Daisy is a rescued greyhound. Anyone who has lived with a sighthound will recognise the particular way they hold still — not the alert stillness of a working dog, but something older and stranger, as if they are listening to a frequency the rest of the house cannot hear. At night, in a lamplit room, it is genuinely uncanny. You look up from a book and there is a silhouette at the window, perfectly composed, keeping watch over absolutely nothing.
The Moonhound collection began as an attempt to paint that.
Not a portrait — there are plenty of fine pet portraits in the world, and Daisy has sat for none of them. Something closer to a myth: a lone hound in moonlit country. Keeping watch on a hillside. Waiting at the tide line. Standing at the water's edge so quietly the landscape forgets she is there. The pieces are painted in the palette the whole studio works in — ink, moss, bone and old gold — because that is what a greyhound at night actually looks like: a piece of the dark that decided to have legs.

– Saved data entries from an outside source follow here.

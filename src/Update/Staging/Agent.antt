-- ===== src/Update/Staging/Agent.antt =====
-- internal/update/update.go: stage, and a tick of the agent.
pub mod Verified
pub mod Handover
use fuelmind.Launcher.Disk.{File, Disk, read_pointer, has_binary}
use fuelmind.Update.{
  Release, Response, Offer, nothing_new, offered, check_failed, Sha256, Config, check, Files, Reply,
  DownloadError, download_with_restart,
}
use fuelmind.Update.Staging.{Entry, StageFaults, stage_artifact}
use fuelmind.Base.{
  ℕ, ◌≡◌, Bool, true, false, not, ◌&&◌, ◌||◌, Option, none, some, List, [], ◌∷◌, ◌++◌, Text, codes,
  text_eq, is_empty, byte_len, trim_space, to_lower, has_prefix, contains, length, keep_if, any,
  ltb, leb, ◌==◌, if◌then◌else◌, Ordering,
}

-- What the system under a tick does.
pub record World : Type 0 where
  pub response : Response
  -- The artifact's address parses, and the staging folder can be made.
  pub reachable : Bool
  pub server : ℕ → Reply
  pub again : ℕ → Reply
  pub files : Files
  pub unzip : Text → Option (List Entry)
  pub stage_faults : StageFaults
  pub now : ℕ

-- The end of stage, with the artifact that was downloaded.
unfoldable pub verify_artifact : Sha256 → World → Release → Text → Disk → Disk × Bool
unfolding stage_artifact
verify_artifact h w rel artifact d =
    if not (text_eq (to_lower (h.hex artifact)) (to_lower (trim_space rel.checksum_sha256)))
    then (d, false)
    else stage_artifact w.stage_faults rel.version (w.unzip artifact) d

abbrev pub downloaded : Option DownloadError × Files → Option Text
downloaded (none, f) = f.artifact
downloaded (some e, f) = none

-- stage: the data folder, and whether it succeeded.
unfoldable pub stage : Sha256 → World → Release → Disk → Disk × Bool
unfolding verify_artifact download_with_restart
stage h w rel d =
    if not w.reachable
    then (d, false)
    else elim (downloaded (download_with_restart w.server w.again w.files)) [
      | none ↦ (d, false)
      | some artifact ↦ verify_artifact h w rel artifact d
    ]

-- The end of a tick: the data folder, whether an update waits, and the version it hands over to.
pub record Ticked : Type 0 where
  pub disk : Disk
  pub waiting : Bool
  pub handed : Option Text

-- maybeHandoff
unfoldable pub maybe_handoff : Config → ℕ → Text → Disk → Ticked
maybe_handoff c now v d =
    if not c.supervised
    then record { disk = d; waiting = true; handed = none }
    else if not (c.window now)
    then record { disk = d; waiting = true; handed = none }
    else record { disk = d; waiting = false; handed = some v }

-- stagedVersion
unfoldable pub staged_version : Disk → Option Text
unfolding read_pointer has_binary
staged_version d = elim (read_pointer d.pending) [
  | none ↦ none
  | some v ↦ if is_empty v then none else if has_binary v d then some v else none
]

-- Tick behind stage.
abbrev pub after_stage : Config → ℕ → Text → Disk × Bool → Ticked
after_stage c now v (d, staged) =
    if staged then maybe_handoff c now v d else record { disk = d; waiting = false; handed = none }

-- Tick behind check.
unfoldable pub after_check : Sha256 → Config → World → Disk → Offer → Ticked
unfolding stage maybe_handoff
after_check h c w d nothing_new = record { disk = d; waiting = false; handed = none }
after_check h c w d check_failed = record { disk = d; waiting = false; handed = none }
after_check h c w d (offered rel) = after_stage c w.now rel.version (stage h w rel d)

-- Tick
unfoldable pub tick : Sha256 → Config → World → Disk → Ticked
unfolding staged_version check after_check maybe_handoff
tick h c w d = elim (staged_version d) [
  | some v ↦ maybe_handoff c w.now v d
  | none ↦ after_check h c w d (check h c d w.response)
]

People sometimes ask whether the hound in the pictures is her. The honest answer is that it is every sighthound — the shape is ancient, and it belongs to whippets and lurchers and salukis as much as to one retired racer in the north of England. If you share your house with one of these creatures, you already know the pose in every piece.
The collection stays deliberately small, like everything here. A new Moonhound work is added only when it earns its place — which is to say, when it passes the only test that matters: would it stop you in a hallway at night?